> [ASSIGNMENT]:
The records below must be returned in full and unaltered.

Top of PROVIDED DATA

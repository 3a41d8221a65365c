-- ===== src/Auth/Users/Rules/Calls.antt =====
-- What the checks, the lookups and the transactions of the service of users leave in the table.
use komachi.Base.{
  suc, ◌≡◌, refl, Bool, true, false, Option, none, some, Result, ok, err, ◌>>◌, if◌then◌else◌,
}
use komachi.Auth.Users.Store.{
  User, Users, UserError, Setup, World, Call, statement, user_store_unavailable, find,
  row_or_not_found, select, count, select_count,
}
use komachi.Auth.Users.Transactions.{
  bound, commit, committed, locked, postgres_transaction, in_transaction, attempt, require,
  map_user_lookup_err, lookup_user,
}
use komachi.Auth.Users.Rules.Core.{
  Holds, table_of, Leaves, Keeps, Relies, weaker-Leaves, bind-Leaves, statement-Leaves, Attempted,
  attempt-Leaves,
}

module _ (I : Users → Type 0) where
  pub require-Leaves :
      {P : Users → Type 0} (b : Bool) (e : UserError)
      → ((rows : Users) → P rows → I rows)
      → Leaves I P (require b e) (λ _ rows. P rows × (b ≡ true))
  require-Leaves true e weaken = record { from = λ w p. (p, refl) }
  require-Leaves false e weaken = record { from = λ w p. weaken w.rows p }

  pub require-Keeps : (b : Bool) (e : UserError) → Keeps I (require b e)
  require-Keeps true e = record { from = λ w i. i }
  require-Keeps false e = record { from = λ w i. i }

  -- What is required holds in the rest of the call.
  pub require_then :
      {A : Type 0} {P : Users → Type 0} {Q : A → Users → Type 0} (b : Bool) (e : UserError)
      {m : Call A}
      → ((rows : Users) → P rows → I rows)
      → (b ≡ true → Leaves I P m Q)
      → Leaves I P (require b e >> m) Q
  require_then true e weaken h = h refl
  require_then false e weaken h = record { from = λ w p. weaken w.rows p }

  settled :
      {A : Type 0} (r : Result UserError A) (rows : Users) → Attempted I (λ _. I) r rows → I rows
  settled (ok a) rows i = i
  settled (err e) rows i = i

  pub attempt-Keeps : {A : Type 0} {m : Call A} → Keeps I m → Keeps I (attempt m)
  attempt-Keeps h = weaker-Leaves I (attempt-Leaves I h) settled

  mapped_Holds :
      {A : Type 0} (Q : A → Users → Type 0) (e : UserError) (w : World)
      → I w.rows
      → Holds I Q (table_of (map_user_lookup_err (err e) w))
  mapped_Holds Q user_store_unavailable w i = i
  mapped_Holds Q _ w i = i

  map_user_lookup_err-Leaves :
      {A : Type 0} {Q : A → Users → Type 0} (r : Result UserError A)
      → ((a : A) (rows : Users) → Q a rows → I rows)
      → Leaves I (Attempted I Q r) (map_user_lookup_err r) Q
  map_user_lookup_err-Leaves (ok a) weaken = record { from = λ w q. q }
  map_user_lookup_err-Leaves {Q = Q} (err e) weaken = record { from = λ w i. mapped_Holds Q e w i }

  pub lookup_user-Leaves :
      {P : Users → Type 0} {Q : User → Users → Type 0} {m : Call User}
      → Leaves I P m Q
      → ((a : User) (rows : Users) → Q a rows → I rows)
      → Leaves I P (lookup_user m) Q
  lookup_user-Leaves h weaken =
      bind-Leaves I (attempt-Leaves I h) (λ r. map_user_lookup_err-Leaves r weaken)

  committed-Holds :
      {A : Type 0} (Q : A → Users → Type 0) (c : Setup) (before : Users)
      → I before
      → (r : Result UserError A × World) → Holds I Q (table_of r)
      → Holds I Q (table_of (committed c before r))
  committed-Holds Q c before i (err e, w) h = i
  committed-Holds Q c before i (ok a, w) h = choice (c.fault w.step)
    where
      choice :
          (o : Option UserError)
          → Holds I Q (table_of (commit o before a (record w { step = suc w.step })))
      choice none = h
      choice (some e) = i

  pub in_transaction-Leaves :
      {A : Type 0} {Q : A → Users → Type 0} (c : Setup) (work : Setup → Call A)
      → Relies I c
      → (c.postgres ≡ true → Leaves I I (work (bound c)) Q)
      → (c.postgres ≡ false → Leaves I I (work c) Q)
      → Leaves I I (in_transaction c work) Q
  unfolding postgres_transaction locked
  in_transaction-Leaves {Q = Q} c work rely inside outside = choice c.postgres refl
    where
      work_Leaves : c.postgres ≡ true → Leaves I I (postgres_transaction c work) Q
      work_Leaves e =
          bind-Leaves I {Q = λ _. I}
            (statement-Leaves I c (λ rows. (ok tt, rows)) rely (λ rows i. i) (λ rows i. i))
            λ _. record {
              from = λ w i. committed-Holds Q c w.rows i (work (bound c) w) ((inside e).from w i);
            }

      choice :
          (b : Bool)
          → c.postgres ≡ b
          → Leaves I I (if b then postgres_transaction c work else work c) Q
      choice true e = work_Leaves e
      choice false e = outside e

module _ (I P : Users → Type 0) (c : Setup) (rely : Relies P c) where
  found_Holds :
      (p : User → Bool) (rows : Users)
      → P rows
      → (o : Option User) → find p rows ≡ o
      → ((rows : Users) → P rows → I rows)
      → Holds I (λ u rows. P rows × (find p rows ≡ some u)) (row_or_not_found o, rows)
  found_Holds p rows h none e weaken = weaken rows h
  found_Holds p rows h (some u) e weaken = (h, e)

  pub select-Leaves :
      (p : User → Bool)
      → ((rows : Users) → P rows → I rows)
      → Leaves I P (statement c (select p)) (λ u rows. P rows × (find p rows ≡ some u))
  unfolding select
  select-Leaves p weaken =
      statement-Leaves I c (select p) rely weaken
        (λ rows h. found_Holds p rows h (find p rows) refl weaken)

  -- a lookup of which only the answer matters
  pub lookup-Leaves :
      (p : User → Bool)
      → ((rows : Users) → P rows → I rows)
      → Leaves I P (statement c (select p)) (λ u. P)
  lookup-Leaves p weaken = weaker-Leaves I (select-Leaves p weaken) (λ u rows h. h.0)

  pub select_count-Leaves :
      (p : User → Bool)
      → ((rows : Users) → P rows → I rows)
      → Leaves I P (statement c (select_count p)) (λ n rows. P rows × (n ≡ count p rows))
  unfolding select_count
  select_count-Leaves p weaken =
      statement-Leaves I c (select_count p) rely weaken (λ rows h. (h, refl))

Bottom of PROVIDED DATA

> [OUTPUT FOR THIS EXERCISE]:
repository 3a41d8221a65365c
-- ===== src/Auth/Users/Rules/Calls.antt =====
-- What the checks, the lookups and the transactions of the service of users leave in the table.
use komachi.Base.{
  suc, ◌≡◌, refl, Bool, true, false, Option, none, some, Result, ok, err, ◌>>◌, if◌then◌else◌,
}
use komachi.Auth.Users.Store.{
  User, Users, UserError, Setup, World, Call, statement, user_store_unavailable, find,
  row_or_not_found, select, count, select_count,
}
use komachi.Auth.Users.Transactions.{
  bound, commit, committed, locked, postgres_transaction, in_transaction, attempt, require,
  map_user_lookup_err, lookup_user,
}
use komachi.Auth.Users.Rules.Core.{
  Holds, table_of, Leaves, Keeps, Relies, weaker-Leaves, bind-Leaves, statement-Leaves, Attempted,
  attempt-Leaves,
}

module _ (I : Users → Type 0) where
  pub require-Leaves :
      {P : Users → Type 0} (b : Bool) (e : UserError)
      → ((rows : Users) → P rows → I rows)
      → Leaves I P (require b e) (λ _ rows. P rows × (b ≡ true))
  require-Leaves true e weaken = record { from = λ w p. (p, refl) }
  require-Leaves false e weaken = record { from = λ w p. weaken w.rows p }

  pub require-Keeps : (b : Bool) (e : UserError) → Keeps I (require b e)
  require-Keeps true e = record { from = λ w i. i }
  require-Keeps false e = record { from = λ w i. i }

  -- What is required holds in the rest of the call.
  pub require_then :
      {A : Type 0} {P : Users → Type 0} {Q : A → Users → Type 0} (b : Bool) (e : UserError)
      {m : Call A}
      → ((rows : Users) → P rows → I rows)
      → (b ≡ true → Leaves I P m Q)
      → Leaves I P (require b e >> m) Q
  require_then true e weaken h = h refl
  require_then false e weaken h = record { from = λ w p. weaken w.rows p }

  settled :
      {A : Type 0} (r : Result UserError A) (rows : Users) → Attempted I (λ _. I) r rows → I rows
  settled (ok a) rows i = i
  settled (err e) rows i = i

  pub attempt-Keeps : {A : Type 0} {m : Call A} → Keeps I m → Keeps I (attempt m)
  attempt-Keeps h = weaker-Leaves I (attempt-Leaves I h) settled

  mapped_Holds :
      {A : Type 0} (Q : A → Users → Type 0) (e : UserError) (w : World)
      → I w.rows
      → Holds I Q (table_of (map_user_lookup_err (err e) w))
  mapped_Holds Q user_store_unavailable w i = i
  mapped_Holds Q _ w i = i

  map_user_lookup_err-Leaves :
      {A : Type 0} {Q : A → Users → Type 0} (r : Result UserError A)
      → ((a : A) (rows : Users) → Q a rows → I rows)
      → Leaves I (Attempted I Q r) (map_user_lookup_err r) Q
  map_user_lookup_err-Leaves (ok a) weaken = record { from = λ w q. q }
  map_user_lookup_err-Leaves {Q = Q} (err e) weaken = record { from = λ w i. mapped_Holds Q e w i }

  pub lookup_user-Leaves :
      {P : Users → Type 0} {Q : User → Users → Type 0} {m : Call User}
      → Leaves I P m Q
      → ((a : User) (rows : Users) → Q a rows → I rows)
      → Leaves I P (lookup_user m) Q
  lookup_user-Leaves h weaken =
      bind-Leaves I (attempt-Leaves I h) (λ r. map_user_lookup_err-Leaves r weaken)

  committed-Holds :
      {A : Type 0} (Q : A → Users → Type 0) (c : Setup) (before : Users)
      → I before
      → (r : Result UserError A × World) → Holds I Q (table_of r)
      → Holds I Q (table_of (committed c before r))
  committed-Holds Q c before i (err e, w) h = i
  committed-Holds Q c before i (ok a, w) h = choice (c.fault w.step)
    where
      choice :
          (o : Option UserError)
          → Holds I Q (table_of (commit o before a (record w { step = suc w.step })))
      choice none = h
      choice (some e) = i

  pub in_transaction-Leaves :
      {A : Type 0} {Q : A → Users → Type 0} (c : Setup) (work : Setup → Call A)
      → Relies I c
      → (c.postgres ≡ true → Leaves I I (work (bound c)) Q)
      → (c.postgres ≡ false → Leaves I I (work c) Q)
      → Leaves I I (in_transaction c work) Q
  unfolding postgres_transaction locked
  in_transaction-Leaves {Q = Q} c work rely inside outside = choice c.postgres refl
    where
      work_Leaves : c.postgres ≡ true → Leaves I I (postgres_transaction c work) Q
      work_Leaves e =
          bind-Leaves I {Q = λ _. I}
            (statement-Leaves I c (λ rows. (ok tt, rows)) rely (λ rows i. i) (λ rows i. i))
            λ _. record {
              from = λ w i. committed-Holds Q c w.rows i (work (bound c) w) ((inside e).from w i);
            }

      choice :
          (b : Bool)
          → c.postgres ≡ b
          → Leaves I I (if b then postgres_transaction c work else work c) Q
      choice true e = work_Leaves e
      choice false e = outside e

module _ (I P : Users → Type 0) (c : Setup) (rely : Relies P c) where
  found_Holds :
      (p : User → Bool) (rows : Users)
      → P rows
      → (o : Option User) → find p rows ≡ o
      → ((rows : Users) → P rows → I rows)
      → Holds I (λ u rows. P rows × (find p rows ≡ some u)) (row_or_not_found o, rows)
  found_Holds p rows h none e weaken = weaken rows h
  found_Holds p rows h (some u) e weaken = (h, e)

  pub select-Leaves :
      (p : User → Bool)
      → ((rows : Users) → P rows → I rows)
      → Leaves I P (statement c (select p)) (λ u rows. P rows × (find p rows ≡ some u))
  unfolding select
  select-Leaves p weaken =
      statement-Leaves I c (select p) rely weaken
        (λ rows h. found_Holds p rows h (find p rows) refl weaken)

  -- a lookup of which only the answer matters
  pub lookup-Leaves :
      (p : User → Bool)
      → ((rows : Users) → P rows → I rows)
      → Leaves I P (statement c (select p)) (λ u. P)
  lookup-Leaves p weaken = weaker-Leaves I (select-Leaves p weaken) (λ u rows h. h.0)

  pub select_count-Leaves :
      (p : User → Bool)
      → ((rows : Users) → P rows → I rows)
      → Leaves I P (statement c (select_count p)) (λ n rows. P rows × (n ≡ count p rows))
  unfolding select_count
  select_count-Leaves p weaken =
      statement-Leaves I c (select_count p) rely weaken (λ rows h. (h, refl))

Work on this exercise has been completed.